Matter-Mediated Entanglement in Classical Gravity: Suppression by Binding Potentials and Localization
Ziqian Tang, Chen Yang, Zizhao Han, Zikuan Kan, Yulong Liu, and Hanyu Xue

TL;DR
This paper argues that matter-mediated entanglement in classical gravity scenarios is suppressed by binding potentials, indicating that observed entanglement does not necessarily imply quantum gravity but rather coherent matter exchange.
Contribution
It demonstrates that binding potentials in realistic macroscopic objects exponentially suppress matter-mediated entanglement, clarifying its implications for quantum gravity tests.
Findings
Binding potentials cause exponential suppression of matter-mediated entanglement.
Entanglement observed is due to matter exchange, not quantum gravity.
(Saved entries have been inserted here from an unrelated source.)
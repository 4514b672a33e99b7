-- ===== src/Budget/Amounts.antt =====
-- What slots are worth in money.
use native.Mathlib.Nat.{
  mul-zero, add-mul, mul-le-mul_right, mul-div-le, div-add-mod, mod-lt, mul_comm,
}
use padrino.Base.{
  ℕ, ◌+◌, ◌-◌, ◌*◌, ◌/◌, ◌%◌, ◌≡◌, ◌≤◌, ◌<◌, ap, inl, inr, ◌∙◌, ◌||◌, nat_eq, ltb, ◌=ℕ=◌,
  Bool-cases, arith,
}
use padrino.Budget.{Terms, budget_slot_count, implicit_budget_used, cap_of, implicit_of}

-- The slots of a budget are worth no more than it.
budget_slot_count-le :
    (budget_usd reserve_usd : ℕ)
    → budget_slot_count budget_usd reserve_usd * reserve_usd ≤ budget_usd
unfolding budget_slot_count
budget_slot_count-le budget_usd reserve_usd =
    elim (Bool-cases (budget_usd =ℕ= 0 || reserve_usd =ℕ= 0)) [
      | inl off ↦ rw off (omega arith)
      | inr on ↦ rw on (
          let whole = mul-div-le budget_usd reserve_usd in
          let turned = mul_comm reserve_usd (budget_usd / reserve_usd) in
          omega (arith, whole, turned))
    ]

-- The implicit slots are worth at least what is spent.
implicit_budget_used-ge :
    (spent_usd reserve_usd : ℕ)
    → 0 < reserve_usd
    → spent_usd ≤ implicit_budget_used spent_usd reserve_usd * reserve_usd
unfolding implicit_budget_used
implicit_budget_used-ge spent_usd reserve_usd positive =
    elim (Bool-cases (spent_usd =ℕ= 0 || reserve_usd =ℕ= 0)) [
      | inl off ↦ rw off (ground (arith, off, positive))
      | inr on ↦
          let whole = div-add-mod spent_usd reserve_usd in
          let turned = mul_comm reserve_usd (spent_usd / reserve_usd) in
          let part = mod-lt spent_usd positive in
          let next = add-mul 1 (spent_usd / reserve_usd) reserve_usd in
          elim (Bool-cases (spent_usd % reserve_usd =ℕ= 0)) [
            | inl even ↦ rw on (rw even (ground (arith, even, whole, turned)))
            | inr odd ↦ rw on (rw odd (omega (arith, whole, turned, part, next)))
          ]
    ]

-- Live slots that fit beside the implicit ones are worth no more than what the budget has left.
pub live-le :
    (terms : Terms) (live : ℕ)
    → implicit_of terms + live ≤ cap_of terms
    → live * terms.reserve_usd ≤ terms.budget_usd - terms.spent_usd
unfolding implicit_of cap_of
live-le terms live fits = elim (Bool-cases (terms.reserve_usd =ℕ= 0)) [
  | inl none_reserved ↦
      let zero_reserve : terms.reserve_usd ≡ 0 = ground (arith, none_reserved) in
      let nothing = ap (λ r. live * r) zero_reserve ∙ mul-zero live in omega (arith, nothing)
  | inr reserved ↦
      let positive : 0 < terms.reserve_usd = ground (arith, reserved) in
      let worth : cap_of terms * terms.reserve_usd ≤ terms.budget_usd =
        budget_slot_count-le terms.budget_usd terms.reserve_usd in
      let used = implicit_budget_used-ge terms.spent_usd terms.reserve_usd positive in
      elim (Bool-cases
        (ltb (cap_of terms) (implicit_budget_used terms.spent_usd terms.reserve_usd))) [
          | inl over ↦
              let fits' : cap_of terms + live ≤ cap_of terms = rw over at fits in
              let no_live : live ≤ 0 = omega (arith, fits') in
              let nothing = mul-le-mul_right terms.reserve_usd no_live in omega (arith, nothing)
          | inr within ↦
              let implicit_used = implicit_budget_used terms.spent_usd terms.reserve_usd in
              let fits' : implicit_used + live ≤ cap_of terms = rw within at fits in
              let all = mul-le-mul_right terms.reserve_usd fits' in
              let parts = add-mul implicit_used live terms.reserve_usd in
              omega (arith, all, parts, worth, used)
        ]
]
Suppression makes matter-mediated entanglement negligible at macroscopic scales.
Abstract
Aziz and Howl [Nature 646 (2025)] argue that two spatially separated masses can become entangled even when gravity is treated as a classical field, by invoking higher-order "virtual-matter" processes in a QFT description of matter, which is non-LOCC (local operations and classical communication). We point out that the relevant mechanism is not intrinsically field-theoretic, but is essentially a quantum tunneling/evanescent matter channel, which is already captured within ordinary quantum mechanics. More importantly, the microscopic constituents of realistic macroscopic objects are bound and localized by strong potentials, introducing a large internal energy scale that suppresses coherent propagation between distant bodies. Including such binding/localization generically yields an exponential suppression, rendering the matter-mediated contribution negligible at the macroscopic…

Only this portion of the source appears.